EXERCISE INSTRUCTIONS :: Scan the lines below and report each one containing "Type" by copying it.

DATA SUPPLIED Block Start

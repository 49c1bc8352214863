-- ===== src/Matrix/Rows/Put.antt =====
-- One row: reads after a change, and the change as an insertion, a removal or an assignment at the
-- position where the loop of `set` stops.
use cpp_wtfsc.Base.{
  ℕ, suc, ◌≤◌, ◌<◌, ◌≡◌, ◌≢◌, refl, false, [], ◌∷◌, Option, some, ◌==◌, ltb, length, map,
  if◌then◌else◌, arith, set, Bool-cases, inl, inr, ltb→lt, ==_iff,
}
use cpp_wtfsc.Matrix.Scalar.{Scalar}
use cpp_wtfsc.Matrix.Storage.{insert_at, remove_at}
use cpp_wtfsc.Matrix.Rows.{Row, IsRow, lookup, put}

-- How many entries stand before column `col`, and the last column that the loop reads.
abbrev pub count_below : {T : Type 0} → Row T → ℕ → ℕ
count_below [] col = 0
count_below ((c, v) ∷ r) col = if ltb c col then suc (count_below r col) else 0

abbrev pub last_read : {T : Type 0} → Row T → Option ℕ → ℕ → Option ℕ
last_read [] cur col = cur
last_read ((c, v) ∷ r) cur col = if ltb c col then last_read r (some c) col else some c

module _ {T : Type 0} (scalar : Scalar T) where
  pub IsRow-weaken :
      (lo lo' hi : ℕ) (r : Row T) → lo' ≤ lo → IsRow scalar lo hi r → IsRow scalar lo' hi r
  IsRow-weaken lo lo' hi [] h v = tt
  IsRow-weaken lo lo' hi (e ∷ r) h v = (omega arith, v.1, v.2, v.3)

  pub lookup_below :
      (lo hi : ℕ) (r : Row T) (col : ℕ)
      → IsRow scalar lo hi r
      → col < lo
      → lookup scalar r col ≡ scalar.zero
  unfolding lookup
  lookup_below lo hi [] col v h = refl
  lookup_below lo hi ((c, x) ∷ r) col v h = ground (arith, lookup_below (suc c) hi r col v.3)

  pub lookup-put :
      (lo hi : ℕ) (r : Row T) (col : ℕ) (x : T) (q : ℕ)
      → IsRow scalar lo hi r
      → lookup scalar (put scalar r col x) q ≡ (if col == q then x else lookup scalar r q)
  unfolding lookup put
  lookup-put lo hi [] col x q v = ground (arith, scalar.beq_iff x scalar.zero)
  lookup-put lo hi ((c, y) ∷ r) col x q v = ground (
    arith,
    scalar.beq_iff x scalar.zero,
    lookup-put (suc c) hi r col x q v.3,
    lookup_below (suc c) hi r col v.3,
    lookup_below (suc c) hi r q v.3,
  )

  not_zero : (x : T) → scalar.beq x scalar.zero ≡ false → x ≢ scalar.zero
  not_zero x e f = ground (arith, scalar.beq_iff x scalar.zero)

  pub put-IsRow :
      (lo hi : ℕ) (r : Row T) (col : ℕ) (x : T)
      → lo ≤ col
      → col < hi
      → IsRow scalar lo hi r
      → IsRow scalar lo hi (put scalar r col x)
  unfolding put
  put-IsRow lo hi [] col x a b v = ground (arith, scalar.beq_iff x scalar.zero)
  put-IsRow lo hi ((c, y) ∷ r) col x a b v = elim (Bool-cases (ltb c col)) [
    | inl e ↦ rw e (v.0, v.1, v.2, put-IsRow (suc c) hi r col x (ltb→lt c col e) b v.3)
    | inr e ↦ elim (Bool-cases (c == col)) [
      | inl f ↦ elim (Bool-cases (scalar.beq x scalar.zero)) [
        | inl g ↦ rw (e, f, g) (IsRow-weaken (suc c) lo hi r (omega arith) v.3)
        | inr g ↦ rw (e, f, g) (a, b, not_zero x g, rw (← (==_iff c col).0 f) v.3)
      ]
      | inr f ↦ elim (Bool-cases (scalar.beq x scalar.zero)) [
        | inl g ↦ rw (e, f, g) v
        | inr g ↦ rw (e, f, g) (a, b, not_zero x g, (ground arith, v.1, v.2, v.3))
      ]
    ]
  ]

  module _ (col : ℕ) (x : T) where
    pub count_below-le : (r : Row T) → count_below r col ≤ length r
    count_below-le [] = omega arith
    count_below-le ((c, y) ∷ r) = ground (arith, count_below-le r)

    -- The column is not there: nothing is stored for `T()`, anything else is inserted.
    pub put_absent :
        (r : Row T) (cur : Option ℕ)
        → last_read r cur col ≢ some col
        → put scalar r col x
          ≡ (if scalar.beq x scalar.zero then r else insert_at r (count_below r col) (col, x))
    unfolding put
    put_absent [] cur h = refl
    put_absent ((c, y) ∷ r) cur h = ground (arith, put_absent r (some c))

    -- The column is there: `T()` removes it, anything else replaces its value.
    pub put_present :
        (r : Row T) (cur : Option ℕ)
        → cur ≢ some col
        → last_read r cur col ≡ some col
        → (put scalar r col x ≡ (
            if scalar.beq x scalar.zero
            then remove_at r (count_below r col)
            else set r (count_below r col) (col, x)))
          × (count_below r col < length r)
          × (map (λ e. e.0) (set r (count_below r col) (col, x)) ≡ map (λ e. e.0) r)
    unfolding put
    put_present [] cur ne h = absurd (ne h)
    put_present ((c, y) ∷ r) cur ne h = ground (arith, put_present r (some c))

DATA SUPPLIED Block End

REPLY TO THE TASK ::
abbrev pub count_below : {T : Type 0} → Row T → ℕ → ℕ
abbrev pub last_read : {T : Type 0} → Row T → Option ℕ → ℕ → Option ℕ
module _ {T : Type 0} (scalar : Scalar T) where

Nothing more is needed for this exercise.